Under Pa.R.C.P. 1019(a) the plaintiff need only plead ultimate facts; evidentiary facts need not be set forth in the complaint. United Refrigerator Co. v. Applebaum, 410 Pa. 210, 213, 189 A.2d 253, 255 (1963). This complaint, while bare of evidentiary facts, when read as a whole, does state ultimate facts on which the appellants depend to show Miller, Cook and Zollers' liability, in the most general terms. Frey v. Dougherty, 286 Pa. 45, 48, 132 A. 717, 718 (1926).
It may later become apparent, from undisputed facts that appellees are entitled to summary judgment or even judgment on the pleadings. See Pa.R.C.P. 1035; Line Lex. L. M. Co., Inc. v. Pa. Pub. Corp., 451 Pa. 154, 162, 301 A.2d 684, 689 (1973). However, considering the stringent standards our Court has developed for sustaining a demurrer, appellants should not have been put out of court on these complaints. As we have often stated:
A demurrer admits every well-pleaded material fact set forth in the pleadings to which it is addressed as well as all inferences reasonably deducible therefrom, but not conclusions of law. Buchanan vs. Brentwood Federal Savings and Loan Association, 457 Pa. 135, 320 A.2d 117 (1974); Bordon v. Baldwin, 444 Pa. 577, 281 A.2d 892 (1971); Papieves v. Lawrence, 437 Pa. 373, 263 A.2d 118 (1970). In order to sustain the demurrer, it is essential that plaintiff's complaint indicate on its face that his claim cannot be sustained, and the law will not permit recovery. Hoffman vs. Misericordia Hospital of Philadelphia, 439 Pa. 501, 267 A.2d 867 (1970); Schott vs. Westinghouse Electric Corp., 436 Pa. 279, 259 A.2d 443 (1969); Papieves v. Lawrence, supra. If there is any doubt, this should be resolved in favor of overruling the demurrer. Clevenstein v. Rizzuto, 439 Pa. 397, 266 A.2d 623 (1970).

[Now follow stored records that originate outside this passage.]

-- ===== src/Housing/Sequences.antt =====
-- Any sequence of the commands that place, move and remove furniture.
use cat_game_backend.Base.{ℕ, ◌<◌, Option, List, [], ◌∷◌}
use cat_game_backend.Store.Rows.{Position}
use cat_game_backend.Store.Session.{Db, run_uow}
use cat_game_backend.Housing.{
  place_furniture, update_furniture_placement, remove_furniture_placement,
}
use cat_game_backend.Housing.Placing.{IsLaidOut}
use cat_game_backend.Housing.Room.{place_furniture-IsLaidOut, update_furniture_placement-IsLaidOut}
use cat_game_backend.Housing.Removal.{remove_furniture_placement-IsLaidOut}
use cat_game_backend.Housing.Stock.{
  IsStocked, place_furniture-IsStocked, update_furniture_placement-IsStocked,
  remove_furniture_placement-IsStocked,
}

pub data Furnishing : Type 0 where
  placing : (user item : ℕ) → Position → Option ℕ → Furnishing
  moving : (user object : ℕ) → Position → Furnishing
  removing : (user object : ℕ) → Furnishing

module _ (grid_unit : ℕ) where
  -- A call that raises leaves the database as it was.
  unfoldable pub furnish : Furnishing → Db → Db
  furnish (placing user item position public_id) db =
      (run_uow (place_furniture grid_unit user item position public_id) db).1
  furnish (moving user object position) db =
      (run_uow (update_furniture_placement grid_unit user object position) db).1
  furnish (removing user object) db =
      (run_uow (remove_furniture_placement grid_unit user object) db).1

  unfoldable pub furnish_all : List Furnishing → Db → Db
  unfolding furnish
  furnish_all [] db = db
  furnish_all (c ∷ commands) db = furnish_all commands (furnish c db)

  furnish-IsLaidOut :
      (c : Furnishing) (db : Db)
      → 0 < grid_unit
      → IsLaidOut grid_unit db
      → IsLaidOut grid_unit (furnish c db)
  unfolding furnish
  furnish-IsLaidOut (placing u i p o) db unit h =
      place_furniture-IsLaidOut grid_unit u i p o db unit h
  furnish-IsLaidOut (moving u o p) db unit h =
      update_furniture_placement-IsLaidOut grid_unit u o p db unit h
  furnish-IsLaidOut (removing u o) db unit h =
      remove_furniture_placement-IsLaidOut grid_unit u o db h

  furnish-IsStocked :
      (c : Furnishing) (db : Db) → IsLaidOut grid_unit db → IsStocked db → IsStocked (furnish c db)
  unfolding furnish
  furnish-IsStocked (placing u i p o) db laid h = place_furniture-IsStocked grid_unit u i p o db h
  furnish-IsStocked (moving u o p) db laid h =
      update_furniture_placement-IsStocked grid_unit u o p db laid.keys h
  furnish-IsStocked (removing u o) db laid h =
      remove_furniture_placement-IsStocked grid_unit u o db h

  -- For a positive grid unit, any sequence of calls that place, move and remove furniture, each
  -- of which may raise, keeps the room laid out; in IsLaidOut, the keys of the items and placed
  -- objects are distinct and below the next number, every object that has a footprint lies inside
  -- the room, and no two objects of the same player overlap.
  pub furnish_all-IsLaidOut :
      (commands : List Furnishing) (db : Db)
      → 0 < grid_unit
      → IsLaidOut grid_unit db
      → IsLaidOut grid_unit (furnish_all commands db)
  unfolding furnish_all
  furnish_all-IsLaidOut [] db unit h = h
  furnish_all-IsLaidOut (c ∷ commands) db unit h =
      furnish_all-IsLaidOut commands (furnish c db) unit (furnish-IsLaidOut c db unit h)

  -- For a positive grid unit and a room laid out (IsLaidOut), any sequence of calls that place,
  -- move and remove furniture keeps the placements within the stock (IsStocked: of every item, a
  -- player has placed at most as many pieces as the player owns).
  pub furnish_all-IsStocked :
      (commands : List Furnishing) (db : Db)
      → 0 < grid_unit
      → IsLaidOut grid_unit db
      → IsStocked db
      → IsStocked (furnish_all commands db)
  unfolding furnish_all
  furnish_all-IsStocked [] db unit laid h = h
  furnish_all-IsStocked (c ∷ commands) db unit laid h =
      furnish_all-IsStocked commands (furnish c db) unit (furnish-IsLaidOut c db unit laid)
        (furnish-IsStocked c db laid h)
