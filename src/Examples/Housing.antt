-- ===== src/Examples/Housing.antt =====
-- Furniture and surfaces on a concrete database.
use cat_game_backend.Base.{◌==◌, ◌≡◌, refl, some, pos, arith, List, [], ◌∷◌}
use cat_game_backend.Base.Int.{◌+ℤ◌}
use cat_game_backend.Catalog.{item_by_key}
use cat_game_backend.Store.Rows.{
  User, Item, Position, wallpaper, user_row, item_row, placed_object_row,
}
use cat_game_backend.Store.Table.{find, get, where_rows}
use cat_game_backend.Store.Session.{Db, run_uow}
use cat_game_backend.Housing.{apply_surface_item, place_furniture}
use cat_game_backend.Housing.Geometry.{
  ensure_error, overlaps, is_turned, footprint, rect, is_outside,
}
use cat_game_backend.Housing.Layout.{rect_of}
use cat_game_backend.Housing.Placing.{IsLaidOut}
use cat_game_backend.Housing.Stock.{IsStocked, placed_count}
use cat_game_backend.Store.Stock.{owned}
use cat_game_backend.Housing.Sequences.{
  Furnishing, placing, moving, removing, furnish_all, furnish_all-IsLaidOut, furnish_all-IsStocked,
}
use cat_game_backend.Housing.Surfaces.{Decorated, apply_surface_item-Decorated}
use cat_game_backend.Examples.{db, corner, middle}

db-IsLaidOut : IsLaidOut 1 db
unfolding get find rect_of footprint item_by_key rect is_outside is_turned ◌+ℤ◌
db-IsLaidOut = record {
  item_keys = ground arith;
  keys = ground arith;
  ids = omega arith;
  layout = (refl, tt, tt);
}

abbrev after_placing : Db
after_placing = (run_uow (place_furniture 1 101 111 middle (some 7)) db).1

-- A turned table in the middle of the room is free.
place_runs : after_placing.next_id ≡ 51
unfolding run_uow place_furniture ◌+ℤ◌ item_by_key ensure_error overlaps is_turned
place_runs = refl

abbrev beyond : Position
beyond = record { x = pos 9; y = pos 0; z = pos 0 }

abbrev papered : Db
papered = (run_uow (apply_surface_item 101 112) db).1

apply_surface_item-Decorated_example :
    (player : User) × (item : Item) × (find (λ u. u.public_id == 101) db.users ≡ some player)
    × (find (λ i. i.public_id == 112) db.items ≡ some item)
    × Decorated player item db papered
unfolding run_uow apply_surface_item find get
apply_surface_item-Decorated_example =
    apply_surface_item-Decorated 101 112 db papered
      (record { user_public_id = 101; item_public_id = 112; category = wallpaper }) (ground arith)
      refl

db-IsStocked : IsStocked db
unfolding placed_count where_rows owned find
db-IsStocked = record { at = λ j i. ground arith }

-- A second table, which is then moved onto the first one and refused, and the first one removed.
abbrev moves : List Furnishing
moves = placing 101 111 middle (some 7) ∷ moving 101 7 corner ∷ removing 101 141 ∷ []

furnish_all-IsLaidOut_example : IsLaidOut 1 (furnish_all 1 moves db)
furnish_all-IsLaidOut_example = furnish_all-IsLaidOut 1 moves db (omega arith) db-IsLaidOut

furnish_all-IsStocked_example : IsStocked (furnish_all 1 moves db)
furnish_all-IsStocked_example =
    furnish_all-IsStocked 1 moves db (omega arith) db-IsLaidOut db-IsStocked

With the foregoing standards in mind, we hold that the personal participation of appellees Miller, Cook and Zollers in the alleged negligent, injury-producing actions of which appellants complain, has been sufficiently pleaded to withstand demurrer.
Accordingly, we vacate the order of the Superior Court and remand the record to the Court of Common Pleas of Cumberland County for further proceedings consistent with this opinion.
NIX, LARSEN and McDERMOTT, JJ., concur in the result.